### Data supplied
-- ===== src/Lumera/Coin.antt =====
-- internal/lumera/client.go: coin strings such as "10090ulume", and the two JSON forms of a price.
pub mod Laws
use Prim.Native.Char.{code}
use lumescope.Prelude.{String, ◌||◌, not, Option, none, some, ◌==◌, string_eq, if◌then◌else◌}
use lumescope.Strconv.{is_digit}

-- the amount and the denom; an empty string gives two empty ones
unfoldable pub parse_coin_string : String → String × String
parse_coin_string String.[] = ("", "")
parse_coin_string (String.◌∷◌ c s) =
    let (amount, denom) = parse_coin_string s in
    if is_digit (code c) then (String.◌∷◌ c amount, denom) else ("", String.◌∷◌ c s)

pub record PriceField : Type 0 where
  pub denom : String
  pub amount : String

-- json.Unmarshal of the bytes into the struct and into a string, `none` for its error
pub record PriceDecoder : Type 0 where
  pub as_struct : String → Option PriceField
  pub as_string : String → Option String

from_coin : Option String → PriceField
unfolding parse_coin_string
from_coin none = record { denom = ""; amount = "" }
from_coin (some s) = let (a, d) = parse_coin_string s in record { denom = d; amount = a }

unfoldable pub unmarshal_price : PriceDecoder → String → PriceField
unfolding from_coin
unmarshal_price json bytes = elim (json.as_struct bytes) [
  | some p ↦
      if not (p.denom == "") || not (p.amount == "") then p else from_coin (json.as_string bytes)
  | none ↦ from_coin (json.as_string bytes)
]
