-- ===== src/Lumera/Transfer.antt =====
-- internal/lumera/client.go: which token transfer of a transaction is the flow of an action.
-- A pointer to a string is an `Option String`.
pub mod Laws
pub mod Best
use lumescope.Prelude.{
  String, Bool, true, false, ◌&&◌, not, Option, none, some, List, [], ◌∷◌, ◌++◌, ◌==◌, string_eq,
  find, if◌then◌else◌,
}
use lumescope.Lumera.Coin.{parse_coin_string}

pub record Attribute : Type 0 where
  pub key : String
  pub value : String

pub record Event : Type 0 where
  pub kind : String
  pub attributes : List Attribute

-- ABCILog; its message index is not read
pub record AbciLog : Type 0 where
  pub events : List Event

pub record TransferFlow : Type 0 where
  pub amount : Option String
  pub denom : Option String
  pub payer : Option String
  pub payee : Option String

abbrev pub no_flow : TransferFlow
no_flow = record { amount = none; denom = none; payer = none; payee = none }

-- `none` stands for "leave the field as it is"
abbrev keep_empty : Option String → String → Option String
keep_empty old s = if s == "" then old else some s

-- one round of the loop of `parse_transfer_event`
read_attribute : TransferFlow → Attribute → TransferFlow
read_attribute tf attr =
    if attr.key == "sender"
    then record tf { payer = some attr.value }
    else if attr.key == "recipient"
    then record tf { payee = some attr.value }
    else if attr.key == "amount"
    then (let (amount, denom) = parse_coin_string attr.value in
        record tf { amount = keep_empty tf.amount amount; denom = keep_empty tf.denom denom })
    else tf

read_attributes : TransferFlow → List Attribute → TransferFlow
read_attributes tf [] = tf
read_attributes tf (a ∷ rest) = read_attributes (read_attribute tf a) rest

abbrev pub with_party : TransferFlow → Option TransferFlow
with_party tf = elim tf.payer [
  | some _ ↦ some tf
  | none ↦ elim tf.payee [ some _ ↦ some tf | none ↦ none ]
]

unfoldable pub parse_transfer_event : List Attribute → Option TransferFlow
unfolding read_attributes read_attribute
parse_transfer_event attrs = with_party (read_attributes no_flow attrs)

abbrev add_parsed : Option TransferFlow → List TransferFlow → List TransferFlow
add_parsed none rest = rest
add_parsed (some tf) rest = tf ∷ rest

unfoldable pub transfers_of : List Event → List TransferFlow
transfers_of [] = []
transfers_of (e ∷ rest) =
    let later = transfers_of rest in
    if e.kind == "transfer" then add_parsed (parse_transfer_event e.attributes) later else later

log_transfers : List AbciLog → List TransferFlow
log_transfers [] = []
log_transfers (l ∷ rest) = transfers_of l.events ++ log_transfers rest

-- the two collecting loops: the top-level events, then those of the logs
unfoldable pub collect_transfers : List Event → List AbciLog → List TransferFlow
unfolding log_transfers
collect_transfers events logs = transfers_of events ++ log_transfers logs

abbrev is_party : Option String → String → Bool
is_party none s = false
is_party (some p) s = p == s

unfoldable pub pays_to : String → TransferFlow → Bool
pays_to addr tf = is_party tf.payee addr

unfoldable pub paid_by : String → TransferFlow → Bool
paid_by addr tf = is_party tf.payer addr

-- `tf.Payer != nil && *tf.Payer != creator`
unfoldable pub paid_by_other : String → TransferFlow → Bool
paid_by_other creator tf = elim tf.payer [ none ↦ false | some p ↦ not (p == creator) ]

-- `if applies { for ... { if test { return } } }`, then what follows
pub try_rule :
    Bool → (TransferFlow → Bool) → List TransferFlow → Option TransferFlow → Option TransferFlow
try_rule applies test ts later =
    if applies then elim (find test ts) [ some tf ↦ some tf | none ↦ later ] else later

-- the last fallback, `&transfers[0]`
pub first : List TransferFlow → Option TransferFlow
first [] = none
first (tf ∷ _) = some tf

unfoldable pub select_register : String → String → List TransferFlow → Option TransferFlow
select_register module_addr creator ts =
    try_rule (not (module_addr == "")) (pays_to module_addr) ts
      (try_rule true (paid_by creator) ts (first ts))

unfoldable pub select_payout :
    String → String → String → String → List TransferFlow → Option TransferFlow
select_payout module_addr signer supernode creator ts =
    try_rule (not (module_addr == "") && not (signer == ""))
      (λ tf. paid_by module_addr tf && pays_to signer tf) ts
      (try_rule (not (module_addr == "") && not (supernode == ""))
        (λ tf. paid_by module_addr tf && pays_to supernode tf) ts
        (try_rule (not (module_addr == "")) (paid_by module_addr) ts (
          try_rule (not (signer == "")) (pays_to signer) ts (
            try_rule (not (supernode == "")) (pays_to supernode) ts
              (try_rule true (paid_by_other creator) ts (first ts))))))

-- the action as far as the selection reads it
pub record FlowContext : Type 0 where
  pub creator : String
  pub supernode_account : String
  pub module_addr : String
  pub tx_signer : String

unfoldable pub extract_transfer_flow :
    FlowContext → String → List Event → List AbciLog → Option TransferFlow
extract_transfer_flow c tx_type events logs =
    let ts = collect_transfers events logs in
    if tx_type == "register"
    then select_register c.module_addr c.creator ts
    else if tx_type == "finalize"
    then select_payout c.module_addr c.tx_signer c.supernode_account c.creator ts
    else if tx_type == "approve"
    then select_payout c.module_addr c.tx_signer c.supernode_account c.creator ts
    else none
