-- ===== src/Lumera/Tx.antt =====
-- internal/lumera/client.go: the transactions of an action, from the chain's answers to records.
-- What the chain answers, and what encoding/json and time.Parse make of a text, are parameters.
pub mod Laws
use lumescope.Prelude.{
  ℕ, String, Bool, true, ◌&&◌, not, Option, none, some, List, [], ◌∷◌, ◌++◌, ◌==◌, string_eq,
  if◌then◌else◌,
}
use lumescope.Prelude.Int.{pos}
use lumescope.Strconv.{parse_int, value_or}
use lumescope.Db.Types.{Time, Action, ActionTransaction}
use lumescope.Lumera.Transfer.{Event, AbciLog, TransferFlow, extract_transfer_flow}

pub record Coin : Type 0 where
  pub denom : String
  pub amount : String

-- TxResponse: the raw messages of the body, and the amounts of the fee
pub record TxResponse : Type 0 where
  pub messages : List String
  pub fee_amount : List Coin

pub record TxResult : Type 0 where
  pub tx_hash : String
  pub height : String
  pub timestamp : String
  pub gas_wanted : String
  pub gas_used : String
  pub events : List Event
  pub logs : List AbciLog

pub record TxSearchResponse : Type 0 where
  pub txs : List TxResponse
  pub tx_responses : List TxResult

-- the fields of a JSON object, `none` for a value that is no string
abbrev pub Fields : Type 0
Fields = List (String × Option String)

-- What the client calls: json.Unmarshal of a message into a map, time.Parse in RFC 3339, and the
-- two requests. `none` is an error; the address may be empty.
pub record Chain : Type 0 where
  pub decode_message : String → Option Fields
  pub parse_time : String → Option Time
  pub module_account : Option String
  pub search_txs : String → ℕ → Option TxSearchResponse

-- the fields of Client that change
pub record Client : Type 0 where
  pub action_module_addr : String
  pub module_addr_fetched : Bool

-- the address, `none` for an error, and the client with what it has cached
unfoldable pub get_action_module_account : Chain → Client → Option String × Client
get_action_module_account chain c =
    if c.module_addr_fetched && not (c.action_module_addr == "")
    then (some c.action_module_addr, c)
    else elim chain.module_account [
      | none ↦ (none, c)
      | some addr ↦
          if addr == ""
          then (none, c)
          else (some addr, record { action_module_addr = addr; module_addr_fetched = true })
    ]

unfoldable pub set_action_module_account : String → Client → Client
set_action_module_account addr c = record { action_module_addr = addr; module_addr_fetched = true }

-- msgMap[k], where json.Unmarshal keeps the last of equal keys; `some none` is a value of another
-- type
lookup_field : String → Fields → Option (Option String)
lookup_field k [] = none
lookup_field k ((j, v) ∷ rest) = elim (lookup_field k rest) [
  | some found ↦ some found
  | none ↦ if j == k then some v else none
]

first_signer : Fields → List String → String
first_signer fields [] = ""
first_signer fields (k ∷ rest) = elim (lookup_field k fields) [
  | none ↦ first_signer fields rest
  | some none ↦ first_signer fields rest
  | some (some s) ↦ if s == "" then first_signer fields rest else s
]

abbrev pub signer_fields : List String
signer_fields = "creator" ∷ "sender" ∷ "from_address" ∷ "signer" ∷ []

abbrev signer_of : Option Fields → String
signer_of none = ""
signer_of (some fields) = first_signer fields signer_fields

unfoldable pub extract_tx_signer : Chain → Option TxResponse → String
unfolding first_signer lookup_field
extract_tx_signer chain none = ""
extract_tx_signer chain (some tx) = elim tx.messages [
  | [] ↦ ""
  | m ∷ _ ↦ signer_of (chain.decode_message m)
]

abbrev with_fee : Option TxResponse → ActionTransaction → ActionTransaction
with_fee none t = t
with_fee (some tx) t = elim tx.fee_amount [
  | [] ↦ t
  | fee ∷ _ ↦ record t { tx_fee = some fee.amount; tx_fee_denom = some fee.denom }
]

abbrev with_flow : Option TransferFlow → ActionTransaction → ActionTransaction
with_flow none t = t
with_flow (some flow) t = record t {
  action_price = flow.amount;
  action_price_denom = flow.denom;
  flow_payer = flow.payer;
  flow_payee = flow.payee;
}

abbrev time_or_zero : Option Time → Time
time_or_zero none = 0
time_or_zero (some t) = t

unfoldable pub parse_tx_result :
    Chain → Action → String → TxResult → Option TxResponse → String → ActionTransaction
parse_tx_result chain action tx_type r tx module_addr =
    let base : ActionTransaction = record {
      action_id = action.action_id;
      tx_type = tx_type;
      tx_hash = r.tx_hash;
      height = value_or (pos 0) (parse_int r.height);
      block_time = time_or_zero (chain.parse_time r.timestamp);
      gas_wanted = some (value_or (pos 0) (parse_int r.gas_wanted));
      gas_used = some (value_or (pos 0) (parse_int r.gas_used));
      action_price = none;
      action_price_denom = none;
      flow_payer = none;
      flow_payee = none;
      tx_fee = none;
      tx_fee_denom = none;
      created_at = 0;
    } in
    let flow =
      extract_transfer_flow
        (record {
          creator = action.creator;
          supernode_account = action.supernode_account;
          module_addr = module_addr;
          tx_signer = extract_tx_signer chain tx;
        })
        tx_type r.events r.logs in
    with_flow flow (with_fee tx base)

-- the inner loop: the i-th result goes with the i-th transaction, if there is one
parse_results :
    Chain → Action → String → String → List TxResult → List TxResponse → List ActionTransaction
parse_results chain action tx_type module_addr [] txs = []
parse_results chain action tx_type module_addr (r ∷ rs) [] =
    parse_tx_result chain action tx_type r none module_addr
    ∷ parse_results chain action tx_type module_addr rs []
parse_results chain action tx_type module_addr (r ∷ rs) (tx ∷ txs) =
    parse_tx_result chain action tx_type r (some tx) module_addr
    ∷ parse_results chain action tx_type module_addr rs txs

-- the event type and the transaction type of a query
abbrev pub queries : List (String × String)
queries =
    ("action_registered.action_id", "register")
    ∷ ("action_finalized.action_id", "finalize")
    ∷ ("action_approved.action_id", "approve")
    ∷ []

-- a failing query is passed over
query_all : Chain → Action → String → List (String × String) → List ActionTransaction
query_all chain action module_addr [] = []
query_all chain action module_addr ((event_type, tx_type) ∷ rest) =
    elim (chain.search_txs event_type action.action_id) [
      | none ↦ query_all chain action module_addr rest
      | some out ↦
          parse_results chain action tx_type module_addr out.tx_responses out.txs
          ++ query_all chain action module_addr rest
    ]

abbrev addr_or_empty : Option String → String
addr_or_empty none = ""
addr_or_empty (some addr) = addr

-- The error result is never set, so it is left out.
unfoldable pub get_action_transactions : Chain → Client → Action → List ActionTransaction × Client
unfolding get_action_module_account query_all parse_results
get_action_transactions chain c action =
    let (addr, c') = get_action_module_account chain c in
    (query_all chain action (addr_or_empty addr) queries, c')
######
The problem — Extract all lines from the data in which "TxSearchResponse" is found.

Task answer —
pub record TxSearchResponse : Type 0 where
  pub search_txs : String → ℕ → Option TxSearchResponse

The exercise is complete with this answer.